# Penny, foster dog extraordinaire



## Shell (Oct 19, 2009)

Welcome to Miss Penny, a young female terrier mix with giant ears and a quirky personality


----------



## amosmoses89 (Jun 19, 2011)

Oh my goodness her little face and expressions remind me of my Chloe!! Hows this little one settling in?


----------



## Shell (Oct 19, 2009)

amosmoses89 said:


> Oh my goodness her little face and expressions remind me of my Chloe!! Hows this little one settling in?


We're having our ups and downs  It has been cold rain and sleet off and on all day today so she's been a bit of a frustrated, bored dog and let's just say very vocal about her complaints.... But she did pretty well on a walk with Chester today (just me walking them both) and made good progress learning "Sit" this afternoon.


----------



## amosmoses89 (Jun 19, 2011)

ok so maybe its just the whale eye they both give and the coloring, but adorable!

So how do you decide when the fosters get together with Chester? I thought you held off a while with the last one?


----------



## Shell (Oct 19, 2009)

amosmoses89 said:


> So how do you decide when the fosters get together with Chester? I thought you held off a while with the last one?


Definite resemblance there.

Last foster was a puppy with no concept of leash walking who wanted to tackle Chester every step of the way. So I minimized interaction so as not to drive Chester insane.
This dog seems to understand leash walking and while playful, doesn't want to harass Chester continuously. So we walked together. She's still separate in her own room for now inside the house, in part because her skin is just so raw and irritated that I don't want her getting scratched up or (playfully) chewed on. 

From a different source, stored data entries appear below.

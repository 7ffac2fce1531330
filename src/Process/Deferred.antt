-- ===== src/Process/Deferred.antt =====
-- Deferred calls, in src/process/stack.cpp: in which order the stacks that are registered for them
-- wait to run.
pub mod Frames
pub mod Distance
pub mod Catchers
pub mod Catching
pub mod Uncaught
pub mod Resuming
pub mod ReturnSteps
pub mod Returning
use Prim.Native.String.{String}
use mathlib.Core.List.{reverse, reverse-append, append_assoc, append-nil}
use wudoovm.Common.{
  ℕ, suc, ◌+◌, ◌≤◌, ◌<◌, ◌≡◌, ◌≢◌, refl, sym, ap, ap₂, ◌∙◌, ==_iff, Bool, Option, none, some, List,
  [], ◌∷◌, ◌++◌, map, ◌==◌, Bool-cases, inl, inr, arith, true, false,
}
use wudoovm.Common.Outcome.{Outcome, ok, throw, unfinished}
use wudoovm.Process.Code.{Kernel, get_entry_point_of}
use wudoovm.Process.State.{Process, Frame, Stack, update}
use wudoovm.Process.Action.{
  Action, Fault, then_run, put_stack, put_frame, pure, gets, modify, found, on_stack, ◌>>=◌,
}
use wudoovm.Process.Frames.{
  register_deferred_call, register_each, register_deferred_calls_from, start_stack, emplace_back,
  adjust_jump_base_for, new_stack, push_order, set_frames,
}
use wudoovm.Process.Ownership.{Below, Below-suc}

module _ {V : Type 0} where
  -- The frames of the stacks that wait, from the one that runs next.
  abbrev pub frames_of : (ℕ → Stack V) → List ℕ → List (List ℕ)
  frames_of at [] = []
  frames_of at (s ∷ order) = Stack.frames (at s) ∷ frames_of at order

  abbrev pub waiting : Process V → List (List ℕ)
  waiting p = frames_of p.stack_at p.stacks_order

  -- A stack, but for the base of its jumps.
  abbrev pub without_base : Stack V → Stack V
  without_base x = record x { jump_base = none }

abbrev pub singles : List ℕ → List (List ℕ)
singles [] = []
singles (c ∷ cs) = (c ∷ []) ∷ singles cs

-- From `p` to `q` the calls `cs` have been registered, and nothing else is different.
pub record Registers {V : Type 0} (p q : Process V) (cs : List ℕ) : Type 0 where
  pub waits : waiting q ≡ reverse (singles cs) ++ waiting p
  pub allocated : Below q.next_stack q.stacks_order
  pub grown : p.next_stack ≤ q.next_stack
  pub kept : (j : ℕ) → j < p.next_stack → without_base (q.stack_at j) ≡ without_base (p.stack_at j)
  pub current : q.stack ≡ p.stack

-- Every call has an entry point.
abbrev pub HasEntries : {V : Type 0} → Kernel → (ℕ → Frame V) → List ℕ → Type 0
HasEntries k at [] = Unit {0}
HasEntries k at (c ∷ cs) =
    ((e : ℕ × ℕ) × (get_entry_point_of k (Frame.function_name (at c)) ≡ some e))
    × HasEntries k at cs

==_refl : (a : ℕ) → (a == a) ≡ true
==_refl a = ground arith

module _ {V : Type 0} where
  pub frames_of_ext :
      (f g : ℕ → Stack V) (n : ℕ) (order : List ℕ)
      → ((j : ℕ) → j < n → Stack.frames (g j) ≡ Stack.frames (f j))
      → Below n order
      → frames_of g order ≡ frames_of f order
  frames_of_ext f g n [] h b = refl
  frames_of_ext f g n (s ∷ order) h b = ap₂ ◌∷◌ (h s b.0) (frames_of_ext f g n order h b.1)

  -- The process after a call is registered.
  abbrev registered : ℕ → ℕ → ℕ × ℕ → Process V → Process V
  registered s each e p =
      let n = p.next_stack in
      let p1 = record p {
        stack_at = update p.stack_at n (new_stack (Frame.function_name (p.frame_at each)));
        next_stack = suc n;
      } in
      let p2 = put_stack n (set_frames (each ∷ Stack.frames (p1.stack_at n)) (p1.stack_at n)) p1 in
      let p3 = put_stack s (record (p2.stack_at s) { jump_base = some e.1 }) p2 in
      push_order n (put_stack n (record (p3.stack_at n) { instruction_pointer = some e.0 }) p3)

  registered-Registers :
      (s each : ℕ) (e : ℕ × ℕ) (p : Process V)
      → Below p.next_stack p.stacks_order
      → s < p.next_stack
      → Registers p (registered s each e p) (each ∷ [])
  unfolding new_stack
  registered-Registers s each e p b lt =
      let old : (s == p.next_stack) ≡ false = ground arith in
      let new : (p.next_stack == s) ≡ false = ground arith in
      let kept : (j : ℕ)
          → j < p.next_stack
          → without_base ((registered s each e p).stack_at j) ≡ without_base (p.stack_at j) =
        λ j hj.
          let below : (j == p.next_stack) ≡ false = ground arith in
          elim (Bool-cases (j == s)) [
            | inl same ↦ rw (below, same, old, (==_iff j s).0 same) refl
            | inr other ↦ rw (below, other) refl
          ] in
      record {
        waits = ap₂ ◌∷◌ (rw (==_refl p.next_stack, new) refl) (
            frames_of_ext p.stack_at (registered s each e p).stack_at p.next_stack p.stacks_order
              (λ j hj. ap Stack.frames (kept j hj)) b);
        allocated = (omega arith, Below-suc p.next_stack p.stacks_order b);
        grown = omega arith;
        kept = kept;
        current = refl;
      }

  module _ (k : Kernel) (s : ℕ) where
    register_deferred_call_run :
        (each : ℕ) (p : Process V) (e : ℕ × ℕ)
        → get_entry_point_of k (Frame.function_name (p.frame_at each)) ≡ some e
        → register_deferred_call k s each p ≡ (ok tt, registered s each e p)
    unfolding register_deferred_call start_stack emplace_back adjust_jump_base_for new_stack ◌>>=◌
        gets found pure modify on_stack
    register_deferred_call_run each p e h = rw h refl

singles-append : (xs ys : List ℕ) → singles (xs ++ ys) ≡ singles xs ++ singles ys
singles-append [] ys = refl
singles-append (x ∷ xs) ys = ap (◌∷◌ (x ∷ [])) (singles-append xs ys)

module _ {V : Type 0} where
  pub Registers-refl : (p : Process V) → Below p.next_stack p.stacks_order → Registers p p []
  Registers-refl p b = record {
    waits = refl;
    allocated = b;
    grown = omega arith;
    kept = λ j h. refl;
    current = refl;
  }

  -- Calls that are registered one after the other.
  pub Registers-trans :
      (p q r : Process V) (cs ds : List ℕ)
      → Registers p q cs
      → Registers q r ds
      → Registers p r (cs ++ ds)
  Registers-trans p q r cs ds h g = record {
    waits =
        g.waits
        ∙ ap (◌++◌ (reverse (singles ds))) h.waits
        ∙ simp (singles-append, reverse-append, append_assoc);
    allocated = g.allocated;
    grown = omega (arith, h.grown, g.grown);
    kept = λ j lt. g.kept j (omega (arith, h.grown)) ∙ h.kept j lt;
    current = g.current ∙ h.current;
  }

  module _ (k : Kernel) (s : ℕ) where
    pub register_each-Registers :
        (cs : List ℕ) (p : Process V)
        → HasEntries k p.frame_at cs
        → Below p.next_stack p.stacks_order
        → s < p.next_stack
        → ((register_each k s cs p).0 ≡ ok tt)
          × Registers p (register_each k s cs p).1 cs
          × ((register_each k s cs p).1.frame_at ≡ p.frame_at)
    unfolding register_each pure ◌>>=◌
    register_each-Registers [] p es b lt = (refl, Registers-refl p b, refl)
    register_each-Registers (c ∷ cs) p es b lt =
        let q = registered s c es.0.0 p in
        let h = registered-Registers s c es.0.0 p b lt in
        let ih = register_each-Registers cs q es.1 h.allocated (omega (arith, h.grown)) in
        rw (register_deferred_call_run k s c p es.0.0 es.0.1)
          (ih.0, Registers-trans p q _ (c ∷ []) cs h ih.1, ih.2)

My general habit is that a foster stays separate in the house until they have the concept of sit and stay fairly solidly so that I can verbally control the dogs. For some, that means a few hours and for others, a few weeks.


----------



## Nuclear_Glitter (Jun 20, 2012)

Is Chester okay with every foster dog you bring in? Has he ever just not liked one?


----------



## Shell (Oct 19, 2009)

Nuclear_Glitter said:


> Is Chester okay with every foster dog you bring in? Has he ever just not liked one?


We dog test first, but that's more for making sure the foster will be fine with Chester than Chester being okay with the foster. He likes some better than others, but if he isn't a huge fan, he just ignores the other dog. He is exceedingly tolerant so I try not to take advantage of that to the point of bothering the poor boy. 
Like, my father had Chester over at my aunt and uncle's house and my aunt decided to give both Chester and her dog (a friendly but untrained schnoodle) a treat. The schnoodle dropped his own treat and ran after Chester's while growling at Chester. I asked my dad what Chester did and he said "Nothing at all, he just ignored him"
My father is convinced Chester is not actually a dog because he has so few "dog-like" behaviors


----------



## Shell (Oct 19, 2009)

I know that her nails are super long but her feet are so sensitive right now that I'm avoiding trimming her nails for a little while.


----------



## Damon'sMom (Aug 2, 2011)

So cute  I love these post about your fosters.


----------



## Amaryllis (Dec 28, 2011)

She's so cute. I love big bat ears. I didn't even notice the nails, just how raw her poor toes look.


----------



## Shell (Oct 19, 2009)

Penny's first trip to one of the big city parks and their first trip to the park together (and with only me walking them both). They were awesome and behaved really well. Penny did a good job of following Chester's lead and he ignored her the entire time 





















Amaryllis said:


> She's so cute. I love big bat ears. I didn't even notice the nails, just how raw her poor toes look.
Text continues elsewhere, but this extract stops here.